There is no better way to mastery.
Not only do you practice your ear, but you’re building improv vocabulary, learning all the musical tricks and phrases from the masters, and so on.
- Scales 1:
sing notes in whole tone, diminished and chromatic scales
- Scales 2:
sing the major scale in all keys, and sing all the major scale modes.
- Scales 3:
sing the harmonic minor scale in all keys and sing all its modes
- Scales 4:
sing the melodic minor scale in all keys and sing all its modes
- Joe Satriani ET exercise.
This exercise comes from a book that Joe wrote. He calls this exercise “Atonal Scat Singing”.

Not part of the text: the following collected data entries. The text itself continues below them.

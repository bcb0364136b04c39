-- ===== src/Support/Status/Bounds.antt =====
-- The buffers of the array records of src/driver/devmain.cpp.
use feed_core.Prelude.{
  ℕ, ◌+◌, ◌-◌, ◌<◌, ◌≤◌, ◌≡◌, ◌⊎◌, inl, inr, refl, not, ◌&&◌, [], ◌∷◌, ◌++◌, Option, none, some,
  arith, ltb, ◌==◌, Bytes, length, take, drop, min, length-append, length-take, length-drop,
  Bool-cases, if-elim,
}
use feed_core.Device.Types.{Device}
use feed_core.Support.Types.{Ftype, Prec}
use feed_core.Support.Status.{
  Text, cut_text, is_char, json_text, read_text, read_jsoninfo, read_error, blob_at, read_blob,
  read_jblob,
}

-- The buffer keeps its size, and NORD is as it was or within the buffer.
pub record IsWithin (buffer : Bytes) (nord : ℕ) (t : Text) : Type 0 where
  pub same_length : length t.buffer ≡ length buffer
  pub counted : (t.nord ≡ nord) ⊎ (t.nord ≤ length buffer)

unchanged :
    (buffer : Bytes) (nord : ℕ) (t : Text)
    → t.buffer ≡ buffer
    → t.nord ≡ nord
    → IsWithin buffer nord t
unchanged buffer nord t b n = record { same_length = rw b refl; counted = inl n }

-- A text of n characters over the start of the buffer.
over_start :
    (n : ℕ) (text buffer : Bytes)
    → length text ≡ n
    → n ≤ length buffer
    → length (text ++ drop n buffer) ≡ length buffer
over_start n text buffer e h =
    omega (arith, e, length-append text (drop n buffer), length-drop n buffer)

length-cut_text :
    (len : ℕ) (text : Bytes) → 0 < len → len ≤ length text + 1 → length (cut_text len text) ≡ len
unfolding cut_text
length-cut_text len text p h =
    omega (arith, length-append (take (len - 1) text) (0 ∷ []), length-take (len - 1) text)

read_text-IsWithin :
    (o : Option Bytes) (prec : Prec) (buffer : Bytes) (nord : ℕ)
    → IsWithin buffer nord (read_text o prec buffer nord)
unfolding read_text
read_text-IsWithin none prec buffer nord = unchanged buffer nord _ refl refl
read_text-IsWithin (some text) prec buffer nord =
    let len = min (length text + 1) (length buffer) in
    elim (Bool-cases (len == 0)) [
      | inl e ↦ rw e (unchanged buffer nord _ refl refl)
      | inr e ↦ rw e (record {
        same_length =
            over_start len (cut_text len text) buffer
              (length-cut_text len text (ground arith) (omega arith)) (omega arith);
        counted = inr (omega arith);
      })
    ]

read_jsoninfo-IsWithin :
    (ftvl : Ftype) (offset : ℕ) (prec : Prec) (buffer : Bytes) (nord : ℕ) (d : Device)
    → IsWithin buffer nord (read_jsoninfo ftvl offset prec buffer nord d)
unfolding read_jsoninfo
read_jsoninfo-IsWithin ftvl offset prec buffer nord d =
    if-elim (IsWithin buffer nord) (is_char ftvl) _ _
      (read_text-IsWithin (json_text offset d) prec buffer nord) (unchanged buffer nord _ refl refl)

read_error-IsWithin :
    (message : Bytes) (prec : Prec) (buffer : Bytes) (nord : ℕ) (d : Device)
    → IsWithin buffer nord (read_error message prec buffer nord d)
unfolding read_error
read_error-IsWithin message prec buffer nord d =
    let len = min (length buffer) (length message + 1) in
    elim (Bool-cases (ltb (length buffer) 2)) [
      | inl e ↦ rw e (unchanged buffer nord _ refl refl)
      | inr e ↦ rw e (record {
        same_length =
            over_start len (cut_text len message) buffer
              (length-cut_text len message (ground arith) (omega arith)) (omega arith);
        counted = inr (omega arith);
      })
    ]

read_blob-IsWithin :
    (o : Option Bytes) (prec : Prec) (buffer : Bytes) (nord : ℕ) (d : Device)
    → IsWithin buffer nord (read_blob o prec buffer nord d)
unfolding read_blob
read_blob-IsWithin none prec buffer nord d = unchanged buffer nord _ refl refl
read_blob-IsWithin (some blob) prec buffer nord d =
    elim (Bool-cases (not (length blob == 0) && not (ltb (length buffer) (length blob)))) [
      | inr e ↦ rw e (unchanged buffer nord _ refl refl)
      | inl e ↦
          let h : length blob ≤ length buffer = ground arith in
          rw e
            (record { same_length = over_start (length blob) blob buffer refl h; counted = inr h })
    ]

-- The array records for the texts, the last message and the descriptions of registers write within
-- their buffers, whatever these hold and however small they are: each buffer keeps its size, and NORD
-- is as it was or at most that size.
pub reads-IsWithin :
    (ftvl : Ftype) (offset : ℕ) (message : Bytes) (prec : Prec) (buffer : Bytes) (nord : ℕ)
    (d : Device)
    → IsWithin buffer nord (read_jsoninfo ftvl offset prec buffer nord d)
      × IsWithin buffer nord (read_error message prec buffer nord d)
      × IsWithin buffer nord (read_jblob offset prec buffer nord d)
unfolding read_jblob
reads-IsWithin ftvl offset message prec buffer nord d = (
  read_jsoninfo-IsWithin ftvl offset prec buffer nord d,
  read_error-IsWithin message prec buffer nord d,
  if-elim (IsWithin buffer nord) (ltb (length buffer) 16) _ _ (unchanged buffer nord _ refl refl)
      (read_blob-IsWithin (blob_at offset d) prec buffer nord d),
)
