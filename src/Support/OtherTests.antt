-- ===== src/Support/OtherTests.antt =====
-- The theorems on watches, sync records, signals and texts at a device with one register.
use feed_core.Prelude.{
  ℕ, ◌+◌, ◌<◌, ◌≡◌, ◌≢◌, refl, true, false, [], ◌∷◌, none, some, arith, replicate, codes, Bytes,
  subst,
}
use feed_core.Prelude.Exn.{ok}
use feed_core.Prelude.Maps.{some_injective}
use feed_core.Prelude.Int.{negsuc}
use feed_core.Prelude.Bits.{land}
use feed_core.Device.Types.{writing, reg_at}
use feed_core.Support.Types.{char}
use feed_core.Support.Watch.{Watch, complete, expire, process}
use feed_core.Support.Watch.Tended.{IsTended, IsStranded, Step, watch-IsTended}
use feed_core.Support.Watch.Ends.{complete-ends}
use feed_core.Support.Sync.{Sync, read_sync}
use feed_core.Support.Sync.Completions.{completes}
use feed_core.Support.Sync.Finish.{Finished, read_sync-finishes}
use feed_core.Support.Signals.{
  Signals, write_signal_offset, write_signal_step, write_signal_slope, write_signal_size,
}
use feed_core.Support.Signals.Forward.{Effect, writes-Effect}
use feed_core.Support.Status.{read_jsoninfo, read_error, read_jblob}
use feed_core.Support.Status.Bounds.{IsWithin, reads-IsWithin}
use feed_core.JBlob.{JRegister}
use feed_core.Prelude.{map, List, ◌===◌, ===-eq, sym, ◌∙◌, if◌then◌else◌, Bool-cases, inl, inr}
use feed_core.Prelude.Maps.{lookup, insert, bytes_key, bytes_lt, lookup-insert}
use feed_core.Device.Inspect.{add_registers}
use feed_core.Options.{split_pairs, split_loop, after_key, read_value, token, skip_blanks}
use feed_core.Support.Attach.{
  Attached, init_common_base, read_link, with_link, with_name, found_device, placed_or_failed,
  place, add_interest, attach_at, claim_signal, claim_free,
}
use feed_core.Support.Attach.Interests.{IsLinked, AllLinked}
use feed_core.Support.Attach.Registers.{interests-AllLinked}
use feed_core.Support.Types.{success}
use feed_core.Support.Fixtures.{whole, wave, wave_device, wave_info, idle_prec, even_words}

-- A watch for the value 2 of the second word.
abbrev small_watch : Watch ℕ
small_watch = record {
  wait = record {
    base = record even_words { options = record even_words.options { offset = 1 } };
    mask = 0xff;
    value = 2;
    retry = 1;
    cb_inprogress = false;
  };
  prec = record idle_prec { pact = true };
  device = wave_device;
  timer = none;
}

small_watch_registered : (p : ℕ) → some 0 ≡ some p → p < 1
small_watch_registered p e = subst (λ q. q < 1) (some_injective e) (omega arith)

watch-IsTended_example :
    let w' = complete process small_watch in
    (Step small_watch w' → IsTended w')
    × (small_watch.wait.base.reg ≡ none
        → small_watch.prec.pact ≡ true
        → IsStranded small_watch (expire small_watch))
watch-IsTended_example =
    watch-IsTended small_watch (complete process small_watch) small_watch_registered

complete-ends_example :
    let val : ℕ = land 32 2 0xff in
    (val ≡ 2 → (complete process small_watch).prec.pact ≡ false)
    × (val ≢ 2
        → ((complete process small_watch).prec ≡ small_watch.prec)
          × ((complete process small_watch).timer ≡ some 1))
unfolding reg_at land
complete-ends_example = complete-ends small_watch 0 refl refl

-- A sync record for one register.
abbrev small_sync : Sync
small_sync = record {
  self = 9;
  wait_for = 0;
  val = 5;
  prec = idle_prec;
  device = record wave_device { reg_send = 0 ∷ []; regs = record wave { state = writing } ∷ [] };
}

read_sync-finishes_example :
    (s1 : Sync) × (s2 : Sync) × (s3 : Sync) × (read_sync small_sync ≡ ok s1)
    × (s1.prec.pact ≡ true)
    × (completes read_sync 0 s1 ≡ ok s2)
    × (s2.prec.pact ≡ true)
    × (s2.wait_for + 0 ≡ 1)
    × (completes read_sync 1 s1 ≡ ok s3)
    × Finished small_sync s3
unfolding reg_at
read_sync-finishes_example =
    read_sync-finishes small_sync 0 [] 0 refl refl refl ((omega arith, refl), tt) (omega arith)

-- A signal record for even_words.
abbrev small_signals : Signals ℕ
small_signals = record {
  sig = record { signame = codes "wave"; siginfo = none; warned = false };
  registry = (codes "wave", 0) ∷ [];
  infos = even_words ∷ [];
  prec = idle_prec;
}

signals_kept :
    Effect small_signals (write_signal_offset (negsuc 3) small_signals)
    × Effect small_signals (write_signal_step (negsuc 3) small_signals)
    × Effect small_signals (write_signal_slope 2 small_signals)
    × Effect small_signals (write_signal_size (negsuc 3) small_signals)
signals_kept = writes-Effect (negsuc 3) 2 small_signals (omega arith) (omega arith, tt)

texts-IsWithin :
    let buffer : Bytes = replicate 4 1 in
    IsWithin buffer 0 (read_jsoninfo char 0 idle_prec buffer 0 wave_device)
    × IsWithin buffer 0 (read_error (codes "late") idle_prec buffer 0 wave_device)
    × IsWithin buffer 0 (read_jblob 0 idle_prec buffer 0 wave_device)
texts-IsWithin = reads-IsWithin char 0 (codes "late") idle_prec (replicate 4 1) 0 wave_device

none-ne-some : {p : ℕ} → none ≡ some p → ⊥
none-ne-some e = cc

wave_named : (k : Bytes) → codes "wave" ≡ k → IsLinked wave_device k 0
unfolding reg_at
wave_named k e =
    subst (λ z. IsLinked wave_device z 0) e
      (record { there = omega arith; named = refl; attached = tt })

wave_lookup :
    (k : Bytes) → lookup k wave_device.reg_by_name ≡ (if codes "wave" === k then some 0 else none)
unfolding insert lookup
wave_lookup k = lookup-insert (codes "wave") k 0 []

wave_linked : AllLinked wave_device
wave_linked k p h =
    let found = sym (wave_lookup k) ∙ h in
    elim (Bool-cases (codes "wave" === k)) [
      | inl e ↦
          let at = some_injective (subst (λ b. (if b then some 0 else none) ≡ some p) e found) in
          subst (λ q. IsLinked wave_device k q) at (wave_named k (===-eq (codes "wave") k e))
      | inr e ↦ absurd (none-ne-some (subst (λ b. (if b then some 0 else none) ≡ some p) e found))
    ]

interests-AllLinked_example :
    let table : List (Bytes × JRegister) =
      (codes "other", record wave_info { name = codes "other" }) ∷ [] in
    AllLinked (add_interest wave_device (some (codes "wave"))).1
    × AllLinked (add_registers table wave_device)
interests-AllLinked_example =
    interests-AllLinked wave_device (some (codes "wave"))
      ((codes "other", record wave_info { name = codes "other" }) ∷ []) wave_linked

-- A record for the register wave, which is no bootstrap register, with a signal.
abbrev attached_record : Attached ℕ
attached_record =
    init_common_base wave_device even_words.options (λ pairs options. ok options)
      (codes "name=dev reg=wave signal=w") (record { devices = []; placed = []; signals = [] })

attached_run :
    (attached_record.status ≡ success)
    × (attached_record.dpvt ≡ some 0)
    × (attached_record.database.signals ≡ (codes "w", 0) ∷ [])
    × (map (λ x. x.info.reg) attached_record.database.placed ≡ none ∷ [])
unfolding init_common_base read_link with_link with_name found_device placed_or_failed place
    add_interest attach_at claim_signal claim_free split_pairs split_loop after_key read_value token
    skip_blanks lookup insert reg_at ◌===◌ bytes_lt
attached_run = (refl, refl, refl, refl)
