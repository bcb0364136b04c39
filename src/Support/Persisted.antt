-- ===== src/Support/Persisted.antt =====
-- What persistSettings of src/driver/devreg.cpp changes in the device.
use feed_core.Prelude.{
  ℕ, ◌<◌, ◌≡◌, refl, sym, ap, ◌∙◌, subst, false, List, some, length, Bool-cases, inl, inr, if-elim,
  if-false, true-ne-false, ==_iff, ◌==◌, not,
}
use feed_core.Device.Types.{Device, reg_at, set_reg, write_alarm}
use feed_core.Device.Store.{reg_at-set_reg_self, reg_at-set_reg_ne}
use feed_core.Device.Waiting.{waiting}
use feed_core.Support.Types.{Doubles, Ftype, Elem, Prec, Info, Call, caught, refused, is_supported}
use feed_core.Support.Write.{
  write_register_common, write_attached, start_write, copy_out, is_writable,
}
use feed_core.Support.Connect.{Hooks, Connected, with_commit, persist_settings}

-- Nothing is queued: the send queue, the records to complete, and what goes on at the register q.
pub record IsQuiet (q : ℕ) (d d' : Device) : Type 0 where
  pub same_sending : d'.reg_send ≡ d.reg_send
  pub same_records : d'.records ≡ d.records
  pub same_packets : d'.packets ≡ d.packets
  pub same_state : (reg_at d' q).state ≡ (reg_at d q).state
  pub same_waiting : waiting (reg_at d' q) ≡ waiting (reg_at d q)
  pub same_flags :
      ((reg_at d' q).read_queued ≡ (reg_at d q).read_queued)
      × ((reg_at d' q).write_queued ≡ (reg_at d q).write_queued)

IsQuiet-refl : (q : ℕ) (d : Device) → IsQuiet q d d
IsQuiet-refl q d = record {
  same_sending = refl;
  same_records = refl;
  same_packets = refl;
  same_state = refl;
  same_waiting = refl;
  same_flags = (refl, refl);
}

-- A register that keeps all but its send memory.
tx_written :
    (d : Device) (p q : ℕ) (mem : List ℕ)
    → p < length d.regs
    → (m : List ℕ) × (reg_at (set_reg d p (record (reg_at d p) { mem_tx = mem })) q
        ≡ record (reg_at d q) { mem_tx = m })
tx_written d p q mem valid =
    let r = record (reg_at d p) { mem_tx = mem } in
    elim (Bool-cases (p == q)) [
      | inl e ↦ (
        mem,
        subst (λ z. reg_at (set_reg d p r) z ≡ record (reg_at d z) { mem_tx = mem })
            ((==_iff p q).0 e) (reg_at-set_reg_self d p r valid),
      )
      | inr e ↦
          ((reg_at d q).mem_tx, reg_at-set_reg_ne d p q r (λ n. true-ne-false ((==_iff p q).1 n) e))
    ]

module _ ⦃F : Doubles⦄ (t : Ftype) (xs : List (Elem F.Double t)) (info : Info F.Double)
    (prec : Prec) (d : Device) (p : ℕ) (valid : p < length d.regs) (q : ℕ) where
  copy_out-IsQuiet : IsQuiet q d (copy_out t info p xs d)
  unfolding copy_out
  copy_out-IsQuiet =
      let w = tx_written d p q _ valid in
      record {
        same_sending = unfold set_reg in refl;
        same_records = unfold set_reg in refl;
        same_packets = unfold set_reg in refl;
        same_state = ap (λ r. r.state) w.1;
        same_waiting = ap waiting w.1;
        same_flags = (ap (λ r. r.read_queued) w.1, ap (λ r. r.write_queued) w.1);
      }

-- Shut, so that the call stays as the code writes it.
unfoldable Quiets : ℕ → Device → Call → Type 0
Quiets q d c = IsQuiet q d c.device

same-Quiets : (q : ℕ) (d : Device) (c : Call) → c.device ≡ d → Quiets q d c
unfolding Quiets
same-Quiets q d c e = rw e (IsQuiet-refl q d)

without_commit :
    {D : Type 0} (info : Info D)
    → ((with_commit false info).options.commit ≡ false)
      × ((with_commit false info).reg ≡ info.reg)
      × (with_commit info.options.commit (with_commit false info) ≡ info)
unfolding with_commit
without_commit info = (refl, refl, refl)

IsQuiet-device : (q : ℕ) (d : Device) (c : Call) → Quiets q d c → IsQuiet q d c.device
unfolding Quiets
IsQuiet-device q d c h = h

copied-Quiets : (q : ℕ) (d : Device) (c : Call) → IsQuiet q d c.device → Quiets q d c
unfolding Quiets
copied-Quiets q d c h = h

module _ ⦃F : Doubles⦄ (t : Ftype) (xs : List (Elem F.Double t)) (info : Info F.Double)
    (prec : Prec) (d : Device) (p : ℕ) (valid : p < length d.regs)
    (off : info.options.commit ≡ false) (q : ℕ) where
  caught-Quiets : Quiets q d (caught prec d)
  unfolding caught
  caught-Quiets = same-Quiets q d _ refl

  refused-Quiets : Quiets q d (refused write_alarm prec d)
  unfolding refused
  refused-Quiets = same-Quiets q d _ refl

  start_write-Quiets : Quiets q d (start_write t info p xs prec d)
  unfolding start_write
  start_write-Quiets =
      if-false (Quiets q d) info.options.commit _ _ off
        (copied-Quiets q d _ (copy_out-IsQuiet t xs info prec d p valid q))

  attached-Quiets : Quiets q d (write_attached t info xs prec d (some p))
  unfolding write_attached
  attached-Quiets =
      if-elim (Quiets q d) (not (is_writable info (reg_at d p) (length xs))) _ _ refused-Quiets
        (if-elim (Quiets q d) prec.pact _ _ (same-Quiets q d _ refl) start_write-Quiets)

  common-Quiets : info.reg ≡ some p → Quiets q d (write_register_common t xs (some info) prec d)
  unfolding write_register_common
  common-Quiets at =
      if-elim (Quiets q d) (is_supported t) _ _
        (subst (λ o. Quiets q d (write_attached t info xs prec d o)) (sym at) attached-Quiets)
        caught-Quiets

-- The hooks of an output record with the elements xs in its VAL.
abbrev pub writing_hooks :
    ⦃F : Doubles⦄ (t : Ftype) → List (Elem F.Double t) → (Prec → Prec × ℕ) → Hooks F.Double
writing_hooks t xs reset = record {
  readwrite = λ info prec d. write_register_common t xs (some info) prec d;
  reset_alarms = reset;
}

-- persistSettings of an output record on the register p queues nothing, whatever the record's commit
-- says: the send queue, the records to complete, the packets, and at every register the state, the
-- waiting records and the queued operations are as they were; and it leaves the RecInfo as it was.
pub persist_settings-IsQuiet :
    ⦃F : Doubles⦄ (t : Ftype) (xs : List (Elem F.Double t)) (reset : Prec → Prec × ℕ)
    (info : Info F.Double) (prec : Prec) (d : Device) (p q : ℕ)
    → p < length d.regs
    → info.reg ≡ some p
    → let c = persist_settings (writing_hooks t xs reset) info prec d in
      IsQuiet q d c.device × (c.info ≡ info)
unfolding persist_settings
persist_settings-IsQuiet ⦃F⦄ t xs reset info prec d p q valid at =
    let w = without_commit info in
    if-elim {A = Connected F.Double} (λ c. IsQuiet q d c.device × (c.info ≡ info)) prec.udf _ _
      (IsQuiet-refl q d, refl)
      (
        IsQuiet-device q d _
            (common-Quiets t xs (with_commit false info) prec d p valid w.0 q (w.1 ∙ at)),
        w.2,
      )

Set your metronome for 60bpm.
Put your timer for 3-4 minutes.
Play downstrokes only, 8th notes only.
Non-stop, keep up… no pauses.
Play random notes, 8th notes only, with the metronome, singing each note you play out loud (singing “la la la la…”)
Don’t play familiar patterns, be random
When your timer goes off, you’re done.
- Ears One (Jon Damian).
These exercises described in Jon Damian’s book “The Guitarist’s Guide to Composing and Improvising”
Record a series of random major and minor triads. (Don’t write anything down).
Should be 10 minutes long and filled with surprises. Don’t stay in a key, totally random. Each chord lasts 2 bars, at 90Bpm.
Then: play the recording and sing scales against the chords in steady 8th notes.
Do the same as above with your guitar. Stay in one position. Play scales only. Start on the low E string. 8th notes only, steady. Don’t change direction; keep going up till you hit the high E string, then come back down to the low E string. Go back to singing if playing is too hard. If after some time this gets easy: start doing this way more advanced chords… and later on with chords with tensions.
- Ears One. (Jon Damian):
Same as above, but instead of in position… go up one string (single string) and down the next one… zigzagging over the strings.
- Ears 2 (Jon Damian):
choose a position, choose an interval and a direction of study (f.e. minor 3rds ascending), play a random note anywhere in that position, and harmonize that note singing the chosen interval up or down (depending on the direction you chose to practice). Then double-check to see if you sang (harmonized) the right note.
Besides the couple of Jon Damian ear training exercises listed here, there are tons more in his fantastic, highly recommended book.
Get the book here:
These ear training exercises will keep you busy for years to come.
Once you have all these mastered, you’ll have “SUPER EARS” 🙂
More importantly though: you will be so much closer to mad musicianship.
It is amazing how much ear training does to your overall skills as a guitarist.